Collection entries
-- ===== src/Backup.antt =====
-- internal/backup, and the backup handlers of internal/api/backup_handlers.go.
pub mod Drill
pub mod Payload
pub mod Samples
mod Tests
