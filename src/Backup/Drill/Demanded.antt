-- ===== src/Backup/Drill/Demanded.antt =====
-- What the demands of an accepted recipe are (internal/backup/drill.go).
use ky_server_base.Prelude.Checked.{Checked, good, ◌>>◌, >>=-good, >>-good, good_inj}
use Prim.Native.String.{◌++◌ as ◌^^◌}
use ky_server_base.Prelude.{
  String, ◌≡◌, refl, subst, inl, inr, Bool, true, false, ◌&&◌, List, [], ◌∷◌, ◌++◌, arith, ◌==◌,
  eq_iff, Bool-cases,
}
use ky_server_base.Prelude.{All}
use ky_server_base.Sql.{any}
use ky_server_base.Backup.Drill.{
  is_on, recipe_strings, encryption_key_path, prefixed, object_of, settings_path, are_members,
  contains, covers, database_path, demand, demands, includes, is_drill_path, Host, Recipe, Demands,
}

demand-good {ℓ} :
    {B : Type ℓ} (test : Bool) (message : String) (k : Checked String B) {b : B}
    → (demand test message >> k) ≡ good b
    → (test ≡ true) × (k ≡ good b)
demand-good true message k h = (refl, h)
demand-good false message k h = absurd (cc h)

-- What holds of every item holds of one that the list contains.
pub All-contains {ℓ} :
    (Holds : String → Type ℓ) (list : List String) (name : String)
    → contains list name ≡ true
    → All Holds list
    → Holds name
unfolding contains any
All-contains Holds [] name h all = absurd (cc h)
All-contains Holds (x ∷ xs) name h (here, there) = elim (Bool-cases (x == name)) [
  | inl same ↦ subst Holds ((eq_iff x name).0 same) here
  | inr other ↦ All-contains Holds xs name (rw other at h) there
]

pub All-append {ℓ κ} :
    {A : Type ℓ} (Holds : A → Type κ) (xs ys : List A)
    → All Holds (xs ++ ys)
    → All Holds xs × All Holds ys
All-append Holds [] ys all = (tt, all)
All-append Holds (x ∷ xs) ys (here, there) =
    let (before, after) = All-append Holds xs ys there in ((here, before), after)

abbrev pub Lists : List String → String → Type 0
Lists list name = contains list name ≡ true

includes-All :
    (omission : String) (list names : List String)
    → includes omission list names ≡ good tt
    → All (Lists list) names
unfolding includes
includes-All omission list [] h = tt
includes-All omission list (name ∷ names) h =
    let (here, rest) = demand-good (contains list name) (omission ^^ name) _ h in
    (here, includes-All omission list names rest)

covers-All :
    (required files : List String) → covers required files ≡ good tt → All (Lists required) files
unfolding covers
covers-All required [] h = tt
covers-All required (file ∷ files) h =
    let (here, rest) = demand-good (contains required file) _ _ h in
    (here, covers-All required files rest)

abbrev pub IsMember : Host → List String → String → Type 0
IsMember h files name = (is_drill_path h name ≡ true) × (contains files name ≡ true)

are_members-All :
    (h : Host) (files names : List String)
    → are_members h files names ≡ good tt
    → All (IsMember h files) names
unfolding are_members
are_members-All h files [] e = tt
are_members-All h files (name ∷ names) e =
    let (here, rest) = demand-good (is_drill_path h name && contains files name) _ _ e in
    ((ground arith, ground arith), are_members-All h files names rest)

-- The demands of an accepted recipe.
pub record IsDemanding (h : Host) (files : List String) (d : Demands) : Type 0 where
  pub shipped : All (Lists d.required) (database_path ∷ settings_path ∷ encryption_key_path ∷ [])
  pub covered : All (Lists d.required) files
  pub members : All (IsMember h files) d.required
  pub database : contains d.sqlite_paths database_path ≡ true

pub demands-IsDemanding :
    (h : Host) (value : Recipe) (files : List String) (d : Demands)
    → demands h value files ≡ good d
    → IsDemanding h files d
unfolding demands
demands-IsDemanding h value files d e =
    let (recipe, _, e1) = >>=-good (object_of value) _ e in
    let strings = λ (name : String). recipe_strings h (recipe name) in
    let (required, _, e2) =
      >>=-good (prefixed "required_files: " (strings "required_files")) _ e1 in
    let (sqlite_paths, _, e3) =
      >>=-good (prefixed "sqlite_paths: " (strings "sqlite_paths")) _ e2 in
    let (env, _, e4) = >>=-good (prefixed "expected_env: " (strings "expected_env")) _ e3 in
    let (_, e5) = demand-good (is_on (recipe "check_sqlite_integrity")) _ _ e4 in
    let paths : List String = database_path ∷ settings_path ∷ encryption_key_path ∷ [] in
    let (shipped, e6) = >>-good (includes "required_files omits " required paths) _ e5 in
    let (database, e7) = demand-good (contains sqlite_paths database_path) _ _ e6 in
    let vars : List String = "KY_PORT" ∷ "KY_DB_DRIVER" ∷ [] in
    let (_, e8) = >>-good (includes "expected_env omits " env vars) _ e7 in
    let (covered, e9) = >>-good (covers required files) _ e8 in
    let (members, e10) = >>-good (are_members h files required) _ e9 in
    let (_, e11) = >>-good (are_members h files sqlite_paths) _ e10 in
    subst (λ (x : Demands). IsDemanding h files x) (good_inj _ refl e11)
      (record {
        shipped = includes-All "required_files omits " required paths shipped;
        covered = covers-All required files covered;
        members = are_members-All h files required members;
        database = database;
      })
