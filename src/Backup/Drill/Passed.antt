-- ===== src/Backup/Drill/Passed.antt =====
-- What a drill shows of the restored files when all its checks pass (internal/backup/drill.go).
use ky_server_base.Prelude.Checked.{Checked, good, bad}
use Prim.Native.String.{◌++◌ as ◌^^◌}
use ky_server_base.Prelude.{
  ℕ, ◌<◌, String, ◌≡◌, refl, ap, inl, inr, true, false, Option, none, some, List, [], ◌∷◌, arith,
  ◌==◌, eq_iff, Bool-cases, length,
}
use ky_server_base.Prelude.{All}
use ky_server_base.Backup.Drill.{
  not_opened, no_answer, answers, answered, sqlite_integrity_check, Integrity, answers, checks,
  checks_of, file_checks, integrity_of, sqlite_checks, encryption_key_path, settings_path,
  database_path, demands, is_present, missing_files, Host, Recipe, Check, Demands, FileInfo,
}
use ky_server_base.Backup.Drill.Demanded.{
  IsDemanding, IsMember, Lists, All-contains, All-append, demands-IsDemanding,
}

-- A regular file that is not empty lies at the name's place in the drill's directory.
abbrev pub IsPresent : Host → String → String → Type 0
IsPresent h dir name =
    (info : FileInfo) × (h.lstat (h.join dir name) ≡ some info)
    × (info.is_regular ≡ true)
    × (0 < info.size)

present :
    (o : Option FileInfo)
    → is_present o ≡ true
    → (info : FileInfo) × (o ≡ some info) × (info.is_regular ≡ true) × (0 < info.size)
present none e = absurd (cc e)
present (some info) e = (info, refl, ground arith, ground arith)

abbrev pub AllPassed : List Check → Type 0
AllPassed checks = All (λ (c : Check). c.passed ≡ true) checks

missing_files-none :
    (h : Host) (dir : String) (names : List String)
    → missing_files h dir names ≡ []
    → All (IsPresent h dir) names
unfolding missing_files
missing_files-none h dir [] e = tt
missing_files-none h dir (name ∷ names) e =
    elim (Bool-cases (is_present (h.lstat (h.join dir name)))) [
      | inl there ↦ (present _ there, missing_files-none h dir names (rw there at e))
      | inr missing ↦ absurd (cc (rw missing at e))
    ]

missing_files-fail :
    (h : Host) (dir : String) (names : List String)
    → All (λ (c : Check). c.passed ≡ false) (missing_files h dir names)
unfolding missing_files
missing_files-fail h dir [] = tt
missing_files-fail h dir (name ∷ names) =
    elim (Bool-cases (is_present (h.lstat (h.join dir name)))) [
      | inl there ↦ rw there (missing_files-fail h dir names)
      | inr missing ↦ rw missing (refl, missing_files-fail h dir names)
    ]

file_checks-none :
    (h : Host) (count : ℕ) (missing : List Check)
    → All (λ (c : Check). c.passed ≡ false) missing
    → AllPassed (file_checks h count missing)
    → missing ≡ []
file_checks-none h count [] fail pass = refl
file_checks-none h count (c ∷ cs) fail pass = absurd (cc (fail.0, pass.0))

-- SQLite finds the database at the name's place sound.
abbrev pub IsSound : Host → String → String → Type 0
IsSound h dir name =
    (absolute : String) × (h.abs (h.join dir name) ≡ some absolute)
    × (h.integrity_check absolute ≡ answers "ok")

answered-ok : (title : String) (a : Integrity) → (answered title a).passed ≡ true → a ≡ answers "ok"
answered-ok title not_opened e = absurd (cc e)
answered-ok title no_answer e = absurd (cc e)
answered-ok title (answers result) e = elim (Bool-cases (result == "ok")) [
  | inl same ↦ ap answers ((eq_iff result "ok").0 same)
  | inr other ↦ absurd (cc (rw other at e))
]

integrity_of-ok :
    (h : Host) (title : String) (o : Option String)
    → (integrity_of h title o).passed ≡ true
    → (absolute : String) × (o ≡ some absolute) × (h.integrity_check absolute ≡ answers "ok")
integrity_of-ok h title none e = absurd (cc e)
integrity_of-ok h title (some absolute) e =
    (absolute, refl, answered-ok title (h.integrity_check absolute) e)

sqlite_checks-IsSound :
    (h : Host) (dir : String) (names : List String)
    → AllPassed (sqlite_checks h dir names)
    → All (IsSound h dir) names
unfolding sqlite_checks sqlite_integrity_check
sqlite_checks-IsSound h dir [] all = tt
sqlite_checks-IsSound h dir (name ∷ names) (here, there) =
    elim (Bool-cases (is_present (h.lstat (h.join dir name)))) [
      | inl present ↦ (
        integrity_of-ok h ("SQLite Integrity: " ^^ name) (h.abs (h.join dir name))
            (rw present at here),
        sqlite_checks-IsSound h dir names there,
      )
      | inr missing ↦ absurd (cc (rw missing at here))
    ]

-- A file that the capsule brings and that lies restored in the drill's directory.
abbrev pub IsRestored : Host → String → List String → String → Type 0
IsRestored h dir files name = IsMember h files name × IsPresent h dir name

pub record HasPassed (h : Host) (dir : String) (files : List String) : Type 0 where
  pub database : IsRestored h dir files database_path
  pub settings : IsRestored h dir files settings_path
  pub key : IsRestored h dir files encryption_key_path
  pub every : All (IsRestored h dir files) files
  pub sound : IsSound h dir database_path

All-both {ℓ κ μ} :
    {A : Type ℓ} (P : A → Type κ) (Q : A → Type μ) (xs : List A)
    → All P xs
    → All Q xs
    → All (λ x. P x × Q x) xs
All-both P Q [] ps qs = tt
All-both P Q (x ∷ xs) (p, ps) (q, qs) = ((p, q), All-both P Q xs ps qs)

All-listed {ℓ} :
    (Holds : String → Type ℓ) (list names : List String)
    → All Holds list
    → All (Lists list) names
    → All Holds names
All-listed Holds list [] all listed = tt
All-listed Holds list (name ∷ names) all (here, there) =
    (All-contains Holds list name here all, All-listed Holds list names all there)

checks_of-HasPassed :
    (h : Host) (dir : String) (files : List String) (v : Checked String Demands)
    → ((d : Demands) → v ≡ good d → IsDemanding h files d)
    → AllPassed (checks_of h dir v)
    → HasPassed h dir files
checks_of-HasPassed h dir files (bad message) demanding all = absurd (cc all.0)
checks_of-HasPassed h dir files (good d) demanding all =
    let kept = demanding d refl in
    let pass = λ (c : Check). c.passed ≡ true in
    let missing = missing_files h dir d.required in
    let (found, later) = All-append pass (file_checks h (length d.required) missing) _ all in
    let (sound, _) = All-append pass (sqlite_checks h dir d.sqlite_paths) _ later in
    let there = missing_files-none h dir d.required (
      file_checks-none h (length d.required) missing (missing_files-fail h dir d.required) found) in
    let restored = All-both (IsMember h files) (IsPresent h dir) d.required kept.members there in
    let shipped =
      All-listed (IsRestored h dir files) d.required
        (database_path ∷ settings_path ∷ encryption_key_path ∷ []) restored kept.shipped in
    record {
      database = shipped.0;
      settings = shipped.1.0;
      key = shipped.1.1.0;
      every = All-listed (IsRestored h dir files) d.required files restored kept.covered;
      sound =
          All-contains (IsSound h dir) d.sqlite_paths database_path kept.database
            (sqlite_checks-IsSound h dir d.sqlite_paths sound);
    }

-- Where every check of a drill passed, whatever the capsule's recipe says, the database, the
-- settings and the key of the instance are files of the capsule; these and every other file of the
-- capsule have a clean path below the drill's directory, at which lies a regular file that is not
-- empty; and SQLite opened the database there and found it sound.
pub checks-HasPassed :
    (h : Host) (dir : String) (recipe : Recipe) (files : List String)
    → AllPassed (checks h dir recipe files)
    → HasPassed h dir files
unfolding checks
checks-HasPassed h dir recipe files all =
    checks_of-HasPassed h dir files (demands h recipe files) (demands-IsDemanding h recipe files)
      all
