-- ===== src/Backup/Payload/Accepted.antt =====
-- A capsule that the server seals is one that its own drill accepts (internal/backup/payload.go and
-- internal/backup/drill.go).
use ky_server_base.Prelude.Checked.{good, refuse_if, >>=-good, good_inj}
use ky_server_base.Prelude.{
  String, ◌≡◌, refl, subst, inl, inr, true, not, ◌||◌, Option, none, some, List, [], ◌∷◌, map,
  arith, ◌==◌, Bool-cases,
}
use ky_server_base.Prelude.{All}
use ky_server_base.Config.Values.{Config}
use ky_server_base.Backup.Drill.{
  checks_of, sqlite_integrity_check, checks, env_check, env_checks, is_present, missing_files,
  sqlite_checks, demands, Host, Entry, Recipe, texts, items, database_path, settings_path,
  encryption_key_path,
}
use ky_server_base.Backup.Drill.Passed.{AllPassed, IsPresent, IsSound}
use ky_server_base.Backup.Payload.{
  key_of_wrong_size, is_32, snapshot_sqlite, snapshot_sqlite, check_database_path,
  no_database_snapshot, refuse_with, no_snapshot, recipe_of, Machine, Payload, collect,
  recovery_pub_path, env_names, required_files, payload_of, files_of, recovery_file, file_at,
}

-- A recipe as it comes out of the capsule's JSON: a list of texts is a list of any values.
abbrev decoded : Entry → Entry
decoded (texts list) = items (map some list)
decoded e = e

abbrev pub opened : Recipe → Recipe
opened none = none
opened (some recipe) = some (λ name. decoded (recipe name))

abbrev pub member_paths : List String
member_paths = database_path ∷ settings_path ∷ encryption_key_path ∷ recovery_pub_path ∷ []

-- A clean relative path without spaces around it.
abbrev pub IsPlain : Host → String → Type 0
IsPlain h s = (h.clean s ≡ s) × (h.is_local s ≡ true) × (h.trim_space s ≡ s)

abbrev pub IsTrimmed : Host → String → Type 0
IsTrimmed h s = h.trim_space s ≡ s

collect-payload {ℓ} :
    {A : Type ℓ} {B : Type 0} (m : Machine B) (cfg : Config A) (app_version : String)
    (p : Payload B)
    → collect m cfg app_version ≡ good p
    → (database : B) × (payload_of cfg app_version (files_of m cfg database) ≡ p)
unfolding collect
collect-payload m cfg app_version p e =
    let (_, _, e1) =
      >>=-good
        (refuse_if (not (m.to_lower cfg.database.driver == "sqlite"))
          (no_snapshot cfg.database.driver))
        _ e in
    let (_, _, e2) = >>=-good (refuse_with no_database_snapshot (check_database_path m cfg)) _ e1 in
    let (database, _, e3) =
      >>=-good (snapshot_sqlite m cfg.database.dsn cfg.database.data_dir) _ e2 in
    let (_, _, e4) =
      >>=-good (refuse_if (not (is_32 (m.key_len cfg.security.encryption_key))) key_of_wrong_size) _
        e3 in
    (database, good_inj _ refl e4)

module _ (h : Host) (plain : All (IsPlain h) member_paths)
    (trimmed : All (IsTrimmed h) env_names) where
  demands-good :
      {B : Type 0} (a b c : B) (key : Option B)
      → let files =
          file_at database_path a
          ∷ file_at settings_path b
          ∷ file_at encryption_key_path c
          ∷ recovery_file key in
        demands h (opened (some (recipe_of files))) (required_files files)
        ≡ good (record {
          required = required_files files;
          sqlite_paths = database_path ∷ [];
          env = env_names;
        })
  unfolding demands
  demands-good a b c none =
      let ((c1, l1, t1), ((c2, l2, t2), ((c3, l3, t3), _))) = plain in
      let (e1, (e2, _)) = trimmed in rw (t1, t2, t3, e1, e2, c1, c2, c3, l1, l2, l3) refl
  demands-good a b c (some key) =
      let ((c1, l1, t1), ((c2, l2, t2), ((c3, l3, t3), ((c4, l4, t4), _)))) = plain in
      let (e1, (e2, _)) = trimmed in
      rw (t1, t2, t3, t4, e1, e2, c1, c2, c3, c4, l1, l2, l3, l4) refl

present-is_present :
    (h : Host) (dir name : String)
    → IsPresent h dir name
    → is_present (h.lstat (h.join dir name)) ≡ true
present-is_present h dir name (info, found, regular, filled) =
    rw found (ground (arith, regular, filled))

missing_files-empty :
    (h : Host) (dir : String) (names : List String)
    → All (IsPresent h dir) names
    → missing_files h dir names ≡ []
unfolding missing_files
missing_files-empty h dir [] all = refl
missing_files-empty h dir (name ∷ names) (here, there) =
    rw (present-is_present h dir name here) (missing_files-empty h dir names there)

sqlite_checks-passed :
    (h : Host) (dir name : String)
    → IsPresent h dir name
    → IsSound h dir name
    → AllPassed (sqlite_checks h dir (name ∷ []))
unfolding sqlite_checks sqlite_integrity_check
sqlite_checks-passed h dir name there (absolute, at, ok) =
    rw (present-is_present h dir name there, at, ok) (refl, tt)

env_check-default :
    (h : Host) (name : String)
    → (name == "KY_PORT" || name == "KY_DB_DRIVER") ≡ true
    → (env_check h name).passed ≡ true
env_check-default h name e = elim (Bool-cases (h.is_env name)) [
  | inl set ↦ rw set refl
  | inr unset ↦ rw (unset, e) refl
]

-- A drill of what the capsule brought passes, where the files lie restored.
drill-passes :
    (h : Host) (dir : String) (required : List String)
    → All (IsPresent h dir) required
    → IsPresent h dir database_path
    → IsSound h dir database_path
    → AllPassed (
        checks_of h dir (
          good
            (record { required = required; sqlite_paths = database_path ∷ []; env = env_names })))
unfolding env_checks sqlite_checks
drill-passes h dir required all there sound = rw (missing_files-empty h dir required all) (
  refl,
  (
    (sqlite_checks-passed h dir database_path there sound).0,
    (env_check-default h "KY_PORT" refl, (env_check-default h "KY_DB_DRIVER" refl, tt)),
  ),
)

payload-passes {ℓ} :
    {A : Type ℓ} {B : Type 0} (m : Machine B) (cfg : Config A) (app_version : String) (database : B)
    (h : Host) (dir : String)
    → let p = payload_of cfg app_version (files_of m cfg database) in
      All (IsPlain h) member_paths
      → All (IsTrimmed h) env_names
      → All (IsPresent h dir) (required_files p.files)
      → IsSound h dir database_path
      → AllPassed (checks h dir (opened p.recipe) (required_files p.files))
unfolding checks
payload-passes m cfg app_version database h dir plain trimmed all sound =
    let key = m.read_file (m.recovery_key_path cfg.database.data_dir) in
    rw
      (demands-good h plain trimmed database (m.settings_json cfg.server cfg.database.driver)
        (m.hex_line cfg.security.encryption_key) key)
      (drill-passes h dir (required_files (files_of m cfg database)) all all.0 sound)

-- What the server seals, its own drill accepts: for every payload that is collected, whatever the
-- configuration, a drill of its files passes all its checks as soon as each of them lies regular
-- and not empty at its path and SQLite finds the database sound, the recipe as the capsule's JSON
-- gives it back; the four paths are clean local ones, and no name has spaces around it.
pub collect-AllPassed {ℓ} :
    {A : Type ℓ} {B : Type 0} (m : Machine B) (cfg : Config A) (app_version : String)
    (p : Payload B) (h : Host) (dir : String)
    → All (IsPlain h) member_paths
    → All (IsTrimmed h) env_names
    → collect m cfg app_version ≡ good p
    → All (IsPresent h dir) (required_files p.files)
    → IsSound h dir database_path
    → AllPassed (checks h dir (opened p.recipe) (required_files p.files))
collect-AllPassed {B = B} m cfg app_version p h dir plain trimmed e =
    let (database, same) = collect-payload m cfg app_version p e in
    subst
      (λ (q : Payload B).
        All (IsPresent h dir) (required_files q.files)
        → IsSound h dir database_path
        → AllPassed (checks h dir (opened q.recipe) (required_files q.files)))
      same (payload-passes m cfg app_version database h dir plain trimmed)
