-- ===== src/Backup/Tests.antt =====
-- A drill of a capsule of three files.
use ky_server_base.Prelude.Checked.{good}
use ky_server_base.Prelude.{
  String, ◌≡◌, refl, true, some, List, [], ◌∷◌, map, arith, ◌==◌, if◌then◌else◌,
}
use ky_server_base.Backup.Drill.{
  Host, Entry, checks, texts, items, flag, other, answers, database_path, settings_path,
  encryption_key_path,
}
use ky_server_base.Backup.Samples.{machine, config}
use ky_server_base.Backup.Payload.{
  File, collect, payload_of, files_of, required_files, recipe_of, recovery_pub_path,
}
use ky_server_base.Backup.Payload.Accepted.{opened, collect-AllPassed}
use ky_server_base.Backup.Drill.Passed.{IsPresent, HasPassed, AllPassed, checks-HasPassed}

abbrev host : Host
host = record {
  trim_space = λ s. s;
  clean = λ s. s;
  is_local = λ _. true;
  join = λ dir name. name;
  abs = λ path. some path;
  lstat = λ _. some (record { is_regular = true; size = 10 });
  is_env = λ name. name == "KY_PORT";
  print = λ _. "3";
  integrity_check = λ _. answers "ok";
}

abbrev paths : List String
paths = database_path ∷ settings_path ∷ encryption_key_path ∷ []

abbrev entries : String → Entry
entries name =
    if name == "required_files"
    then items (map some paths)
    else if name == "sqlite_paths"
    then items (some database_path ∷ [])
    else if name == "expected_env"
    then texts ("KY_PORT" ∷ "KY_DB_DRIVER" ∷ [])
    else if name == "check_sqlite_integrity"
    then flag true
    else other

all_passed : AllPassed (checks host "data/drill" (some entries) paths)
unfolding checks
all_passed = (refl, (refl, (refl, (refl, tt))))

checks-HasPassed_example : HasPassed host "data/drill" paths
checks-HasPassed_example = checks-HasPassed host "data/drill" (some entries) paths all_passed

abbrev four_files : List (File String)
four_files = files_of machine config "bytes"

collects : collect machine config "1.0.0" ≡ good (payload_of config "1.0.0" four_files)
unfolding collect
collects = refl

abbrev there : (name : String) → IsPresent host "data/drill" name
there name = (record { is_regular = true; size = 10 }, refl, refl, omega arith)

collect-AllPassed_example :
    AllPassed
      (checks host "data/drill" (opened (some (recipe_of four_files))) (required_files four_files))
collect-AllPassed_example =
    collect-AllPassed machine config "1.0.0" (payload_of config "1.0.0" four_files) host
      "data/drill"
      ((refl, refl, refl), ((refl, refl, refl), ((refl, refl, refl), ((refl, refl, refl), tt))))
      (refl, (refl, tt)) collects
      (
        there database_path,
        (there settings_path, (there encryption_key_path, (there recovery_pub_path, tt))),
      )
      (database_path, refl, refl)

■ WHAT YOU ARE ASKED TO DO
Tally the lines in the data that contain the string "Samples". Report only the total.

■ TASK OUTPUT
2